— PROBLEM —
In the following material, identify every line holding the string "occurs" and return it.
[DATA UNDER STUDY]
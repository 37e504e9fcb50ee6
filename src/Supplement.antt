-- ===== src/Supplement.antt =====
-- The frontend of the supplementary delivery (趣然AI商品经营利润决策助手/frontend/src): its data, its
-- API client, its status tags and the shell around its pages.
pub mod Data
pub mod Client
pub mod Shell
pub mod StatusTag
pub mod Texts
pub mod Routes
pub mod Detail
pub mod Options
pub mod Login
pub mod Forbidden
pub mod Workspace
pub mod Batches
pub mod Trace
pub mod Actions
mod Samples
mod Examples
mod DetailExamples
mod ListExamples
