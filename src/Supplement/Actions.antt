-- ===== src/Supplement/Actions.antt =====
-- pages/ActionListPage.tsx of the supplementary frontend.
pub mod View
pub mod Cards
pub mod Pages
pub mod Offered
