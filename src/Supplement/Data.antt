-- ===== src/Supplement/Data.antt =====
-- types.ts. A field that may be `null` or absent is an `Option`, a figure is its text.
use profit_decision_engine.Prelude.{String, ℕ, List, Option, Bool}
use profit_decision_engine.Json.{Fields}

pub data Role : Type 0 where
  operator supervisor procurement : Role

pub record AuthStatus : Type 0 where
  pub authenticated : Bool
  pub dingtalk_ready : Option Bool
  pub support_guidance : Option String
  pub actor_ref : Option String
  pub actor_name : Option String
  pub role : Option Role
  pub role_label : Option String
  pub csrf_token : Option String

pub record Batch : Type 0 where
  pub batch_id : String
  pub business_unit : String
  pub period_start : String
  pub period_end : String
  pub business_date : String
  pub source_name : String
  pub status : String
  pub valid_row_count : ℕ
  pub rejected_row_count : ℕ
  pub degraded_field_count : ℕ
  pub warning_count : ℕ
  pub error_message : Option String
  pub created_by : String
  pub created_at : String

pub data Slot : Type 0 where
  operation procurement_slot : Slot

pub record ActionItem : Type 0 where
  pub action_id : String
  pub slot : Slot
  pub action_value : String
  pub action_label : String
  pub owner_role : Role
  pub execution_state : String
  pub execution_version : ℕ
  pub executed_by : Option String
  pub executed_at : Option String
  pub execution_note : Option String
  pub result : Option Fields
  pub result_recorded_at : Option String

pub record AiContent : Type 0 where
  pub status : String
  pub content : Option Fields

pub record Decision : Type 0 where
  pub decision_id : String
  pub batch_id : String
  pub spu_id : String
  pub spu_name : String
  pub store : String
  pub platform : Option String
  pub operator_ref : Option String
  pub category : Option String
  pub main_action : Option String
  pub main_action_label : Option String
  pub replenishment_action : String
  pub replenishment_label : String
  pub review_state : Option String
  pub review_version : Option ℕ
  pub actions : List ActionItem
  pub created_at : String
  pub period_start : Option String
  pub period_end : Option String
  pub business_date : Option String
  pub net_sales : Option String
  pub profit_rate : Option String
  pub promotion_expense : Option String
  pub return_rate_7d : Option String
  pub warehouse_qty : Option String
  pub in_transit_qty : Option String
  pub sales_units_14d : Option String
  pub inventory_days : Option String
  pub rule_version : Option String
  pub triggered_rules : Option (List String)
  pub key_inputs : Option Fields
  pub four_elements : Option Fields
  pub reviewed_by : Option String
  pub reviewed_at : Option String
  pub review_note : Option String
  pub ai : Option AiContent

pub data Severity : Type 0 where
  rejected degraded warning : Severity

pub record ImportIssue : Type 0 where
  pub source_row : ℕ
  pub field : String
  pub original_value : String
  pub severity : Severity
  pub code : String
  pub message : String
  pub continues_processing : Bool

pub record Snapshot : Type 0 where
  pub spu_id : String
  pub spu_name : String
  pub store : String
  pub platform : String
  pub operator_ref : String
  pub launch_date : Option String
  pub net_sales : Option String
  pub profit_rate : Option String
  pub return_rate_7d : Option String
  pub return_period_verified : Bool
  pub warehouse_qty : Option String
  pub in_transit_qty : Option String
  pub sales_units_14d : Option String
  pub inventory_days : Option String
  pub quality_flags : List String

pub record TraceEvent : Type 0 where
  pub event_id : String
  pub event_type : String
  pub decision_id : String
  pub batch_id : String
  pub spu_id : String
  pub action : Option String
  pub from_state : String
  pub to_state : String
  pub actor_ref : String
  pub note : Option String
  pub occurred_at : String
  pub rule_version : Option String
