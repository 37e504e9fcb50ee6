-- ===== src/Supplement/StatusTag.antt =====
-- components/StatusTag.tsx: the label and the color of a status.
use profit_decision_engine.Prelude.{String, List, [], ◌∷◌, lookup, or_else}

abbrev pub labels : List (String × String)
labels =
    ("received", "已接收")
    ∷ ("validating", "校验中")
    ∷ ("rules_processing", "规则处理中")
    ∷ ("ready", "已完成")
    ∷ ("failed", "处理失败")
    ∷ ("pending", "待处理")
    ∷ ("awaiting_review", "待审核")
    ∷ ("approved", "已通过")
    ∷ ("rejected", "已驳回")
    ∷ ("executed", "已执行")
    ∷ ("result_recorded", "已记录结果")
    ∷ ("closed", "已关闭")
    ∷ ("clearance", "清仓")
    ∷ ("stop_loss", "止损")
    ∷ ("observe", "观察")
    ∷ ("invest", "加投")
    ∷ ("maintain", "维持")
    ∷ ("replenish", "补货")
    ∷ ("forbid", "禁止补货")
    ∷ ("no_replenishment", "不补货")
    ∷ ("not_generated", "不生成")
    ∷ ("undetermined", "无法判定")
    ∷ ("large_hit", "大爆品")
    ∷ ("small_hit", "小爆品")
    ∷ ("normal", "普通品")
    ∷ ("new", "新品")
    ∷ ("eliminated", "淘汰品")
    ∷ ("data_error", "数据异常")
    ∷ []

abbrev pub colors : List (String × String)
colors =
    ("ready", "success")
    ∷ ("approved", "success")
    ∷ ("executed", "success")
    ∷ ("result_recorded", "success")
    ∷ ("failed", "error")
    ∷ ("rejected", "error")
    ∷ ("clearance", "error")
    ∷ ("stop_loss", "volcano")
    ∷ ("forbid", "error")
    ∷ ("pending", "processing")
    ∷ ("awaiting_review", "processing")
    ∷ ("validating", "processing")
    ∷ ("rules_processing", "processing")
    ∷ ("observe", "warning")
    ∷ ("replenish", "cyan")
    ∷ ("invest", "blue")
    ∷ ("maintain", "default")
    ∷ ("large_hit", "blue")
    ∷ ("small_hit", "geekblue")
    ∷ ("new", "cyan")
    ∷ ("eliminated", "volcano")
    ∷ ("data_error", "error")
    ∷ []

-- The color and the label that `StatusTag` shows.
unfoldable pub status_tag : String → String × String
status_tag value = (or_else (lookup value colors) "default", or_else (lookup value labels) value)
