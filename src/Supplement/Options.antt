-- ===== src/Supplement/Options.antt =====
-- The options of a select, `uniqueOptions` of ActionListPage.tsx: the values that occur, each once, in
-- the order of their first occurrence; label and value are the same.
use profit_decision_engine.Prelude.{
  String, List, [], ◌∷◌, ◌++◌, Option, none, some, Bool, true, false, ◌||◌, ◌==◌, ◌≡◌, ◌↔◌, refl,
  elem, truthy, if◌then◌else◌, arith, inl, inr, Bool-cases, eq_iff, sym, ap, subst, ◌∙◌,
}

-- `set.add(value)`
abbrev add : List String → String → List String
add set value = if elem value set then set else set ++ value ∷ []

-- `new Set(values)` on top of a set
unfoldable pub add_all : List String → List String → List String
add_all set [] = set
add_all set (value ∷ values) = add_all (add set value) values

-- `values.filter((value): value is string => Boolean(value))`
unfoldable pub present : List (Option String) → List String
present [] = []
present (none ∷ values) = present values
present (some value ∷ values) =
    let rest = present values in if truthy value then value ∷ rest else rest

unfoldable pub unique_options : List (Option String) → List String
unfolding add_all present
unique_options values = add_all [] (present values)

abbrev pub occurs : String → List (Option String) → Bool
occurs x [] = false
occurs x (none ∷ values) = occurs x values
occurs x (some value ∷ values) = value == x || occurs x values

-- No value stands in the list twice.
abbrev pub Unique : List String → Type 0
Unique [] = Unit
Unique (x ∷ xs) = (elem x xs ≡ false) × Unique xs

elem-append : (x : String) (xs ys : List String) → elem x (xs ++ ys) ≡ (elem x xs || elem x ys)
elem-append x [] ys = refl
elem-append x (y ∷ xs) ys = ground (arith, elem-append x xs ys)

elem-add :
    (x value : String) (set : List String) → elem x (add set value) ≡ (elem x set || value == x)
elem-add x value set = elim (Bool-cases (elem value set)) [
  | inl e ↦ elim (Bool-cases (value == x)) [
    | inl s ↦
        let same : value ≡ x = (eq_iff value x).0 s in
        let known : elem x set ≡ true = subst (λ v. elem v set ≡ true) same e in
        rw e (rw known refl)
    | inr s ↦ rw (e, s) (ground arith)
  ]
  | inr e ↦ rw e (elem-append x set (value ∷ []) ∙ ground arith)
]

elem-add_all :
    (x : String) (set values : List String)
    → elem x (add_all set values) ≡ (elem x set || elem x values)
unfolding add_all
elem-add_all x set [] = ground arith
elem-add_all x set (value ∷ values) =
    elem-add_all x (add set value) values ∙ rw (elem-add x value set) (ground arith)

elem-present :
    (x : String) (values : List (Option String))
    → (elem x (present values) ≡ true) ↔ ((truthy x ≡ true) × (occurs x values ≡ true))
unfolding present
elem-present x [] = ((λ h. cc), (λ h. cc))
elem-present x (none ∷ values) = elem-present x values
elem-present x (some value ∷ values) =
    let ih = elem-present x values in
    elim (Bool-cases (value == x)) [
      | inl s ↦
          let same : truthy value ≡ truthy x = ap truthy ((eq_iff value x).0 s) in
          elim (Bool-cases (truthy value)) [
            | inl t ↦ rw (t, s) ((λ h. (sym same ∙ t, refl)), (λ h. refl))
            | inr t ↦
                rw (t, s)
                  (
                    (λ h. ((ih.0 h).0, refl)),
                    (λ h. cc (let g : truthy x ≡ false = sym same ∙ t in g)),
                  )
          ]
      | inr s ↦ elim (Bool-cases (truthy value)) [ inl t ↦ rw (t, s) ih | inr t ↦ rw (t, s) ih ]
    ]

Unique-append :
    (xs : List String) (x : String) → Unique xs → elem x xs ≡ false → Unique (xs ++ x ∷ [])
Unique-append [] x u h = (refl, tt)
Unique-append (y ∷ xs) x u h =
    let apart : ((y == x) ≡ false) × (elem x xs ≡ false) = ground arith in
    (
      elem-append y xs (x ∷ []) ∙ ground (arith, u.0, eq_iff y x, eq_iff x y),
      Unique-append xs x u.1 apart.1,
    )

Unique-add : (set : List String) (value : String) → Unique set → Unique (add set value)
Unique-add set value u = elim (Bool-cases (elem value set)) [
  | inl e ↦ rw e u
  | inr e ↦ rw e (Unique-append set value u e)
]

Unique-add_all : (set values : List String) → Unique set → Unique (add_all set values)
unfolding add_all
Unique-add_all set [] u = u
Unique-add_all set (value ∷ values) u =
    Unique-add_all (add set value) values (Unique-add set value u)

-- The options refine the set of the values that occur: a text is offered exactly if it occurs and is
-- not empty, and no text is offered twice.
pub unique_options-occurs :
    (values : List (Option String))
    → ((x : String)
        → (elem x (unique_options values) ≡ true) ↔ ((truthy x ≡ true) × (occurs x values ≡ true)))
      × Unique (unique_options values)
unfolding unique_options
unique_options-occurs values = (
  (λ x.
      let e = elem-add_all x [] (present values) in
      ((λ h. (elem-present x values).0 (sym e ∙ h)), (λ h. e ∙ (elem-present x values).1 h))),
  Unique-add_all [] (present values) tt,
)
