-- ===== src/Voice/Runs.antt =====
-- Runs of `InteractionCore` (python/tom/voice/interaction_core.py): what can happen between two waits.
use tom.Prelude.{
  ℕ, Bool, true, false, not, ◌&&◌, ◌||◌, Option, none, some, List, [], ◌∷◌, if◌then◌else◌, ltb,
}
use tom.Voice.Pipeline.{VoicePipelineState, listening}
use tom.Voice.Core
use tom.Voice.Core.{
  Audio, Turn, After, listens, Phase, quiet, flushing, reaping, InteractionCore, transition,
  handle_barge_in, finish_stop, finish_shutdown_stop,
}
use tom.Voice.Turns.{
  is_finished, start_turn, notify_speaking, complete_playback, end_turn, is_interrupted,
  on_turn_done, on_stale_turn_done, go_on, shut_down,
}

abbrev pub new : InteractionCore
new = record {
  state = VoicePipelineState.idle;
  epoch = 0;
  stopped_epochs = [];
  engine_calls = 0;
  active_turn = none;
  has_stale_callback = false;
  playback_active = false;
  is_gated = false;
  is_stopped = false;
  phase = quiet;
  shutdown = quiet;
  active_audio = none;
  pending_cancelled = none;
  barge_in_count = 0;
}

-- Times are those of the monotonic clock.
pub data Event : Type 0 where
  speech_starts : ℕ → Event
  turn_begins : ℕ → Audio → Event
  speaks completes ends done stale_done : Event
  flushed : Bool → Event
  reaped : ℕ → Event
  stops shutdown_reaped mic_ungates : Event
  shutdown_flushed : Bool → Event

abbrev pub has_running : Option Turn → Bool
has_running none = false
has_running (some t) = not t.is_finished

abbrev pub is_empty : Audio → Bool
is_empty [] = true
is_empty (x ∷ xs) = false

-- SpeechStartEvent
unfoldable pub on_speech_start : ℕ → ℕ → InteractionCore → InteractionCore
unfolding handle_barge_in transition
on_speech_start window now c =
    if has_running c.active_turn
    then handle_barge_in window now listens c
    else transition listening c

-- `_begin_turn`
unfoldable pub begin_turn : ℕ → ℕ → Audio → InteractionCore → InteractionCore
unfolding handle_barge_in start_turn
begin_turn window now audio c =
    if c.is_stopped || is_empty audio
    then c
    else if has_running c.active_turn
    then handle_barge_in window now (After.begins audio) c
    else start_turn window now audio c

-- A task that runs takes a step, after the callbacks that are due before it.
abbrev pub with_turn :
    Option Turn → (Turn → InteractionCore → InteractionCore) → InteractionCore → InteractionCore
with_turn none f c = c
with_turn (some t) f c = if t.is_finished || c.has_stale_callback then c else f t c

-- The response is streamed, and its playback completes, only after the turn has spoken.
unfoldable pub complete_response : Turn → InteractionCore → InteractionCore
unfolding complete_playback
complete_response t c = if t.speaking_notified then complete_playback t c else c

abbrev pub flush : Bool → Phase → InteractionCore → InteractionCore
flush succeeded (flushing e after) c = finish_stop succeeded e after c
flush succeeded _ c = c

abbrev pub reap : ℕ → ℕ → Phase → InteractionCore → InteractionCore
reap window now (reaping e after) c =
    if has_running c.active_turn then c else go_on window now e after c
reap window now _ c = c

abbrev pub shutdown_flush : Bool → Phase → InteractionCore → InteractionCore
shutdown_flush succeeded (flushing e after) c = finish_shutdown_stop succeeded e c
shutdown_flush succeeded _ c = c

-- The turn that was active when the core was stopped, with an epoch before the shutdown's, still
-- runs. The shutdown does not wait for a turn that began after it.
abbrev pub is_reaped_by : ℕ → Option Turn → Bool
is_reaped_by e none = false
is_reaped_by e (some t) = not t.is_finished && ltb t.epoch e

abbrev pub shutdown_reap : Phase → InteractionCore → InteractionCore
shutdown_reap (reaping e after) c = if is_reaped_by e c.active_turn then c else shut_down c
shutdown_reap _ c = c

-- An event that cannot happen in the state changes nothing. A speech start or a turn that comes while
-- a barge-in waits, or after the core was stopped, is left out.
unfoldable pub apply : ℕ → Event → InteractionCore → InteractionCore
unfolding on_speech_start begin_turn notify_speaking complete_response end_turn on_turn_done
    on_stale_turn_done finish_stop go_on Core.stop finish_shutdown_stop shut_down
apply window (speech_starts now) c = if is_interrupted c then c else on_speech_start window now c
apply window (turn_begins now audio) c =
    if is_interrupted c then c else begin_turn window now audio c
apply window speaks c = with_turn c.active_turn notify_speaking c
apply window completes c = with_turn c.active_turn complete_response c
apply window ends c = with_turn c.active_turn end_turn c
apply window done c =
    if is_finished c.active_turn && not c.has_stale_callback then on_turn_done c else c
apply window stale_done c = if c.has_stale_callback then on_stale_turn_done c else c
apply window (flushed succeeded) c = flush succeeded c.phase c
apply window (reaped now) c = reap window now c.phase c
apply window mic_ungates c = record c { is_gated = false }
apply window stops c = Core.stop c
apply window (shutdown_flushed succeeded) c =
    if c.is_stopped then shutdown_flush succeeded c.shutdown c else c
apply window shutdown_reaped c = if c.is_stopped then shutdown_reap c.shutdown c else c

unfoldable pub run : ℕ → List Event → InteractionCore → InteractionCore
unfolding apply
run window [] c = c
run window (e ∷ es) c = run window es (apply window e c)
[/DATA UNDER STUDY]
— SOLUTION FOR THIS TASK —
abbrev pub occurs : String → List (Option String) → Bool
occurs x [] = false
occurs x (none ∷ values) = occurs x values
occurs x (some value ∷ values) = value == x || occurs x values
    → (elem x (present values) ≡ true) ↔ ((truthy x ≡ true) × (occurs x values ≡ true))
-- The options refine the set of the values that occur: a text is offered exactly if it occurs and is
pub unique_options-occurs :
        → (elem x (unique_options values) ≡ true) ↔ ((truthy x ≡ true) × (occurs x values ≡ true)))
unique_options-occurs values = (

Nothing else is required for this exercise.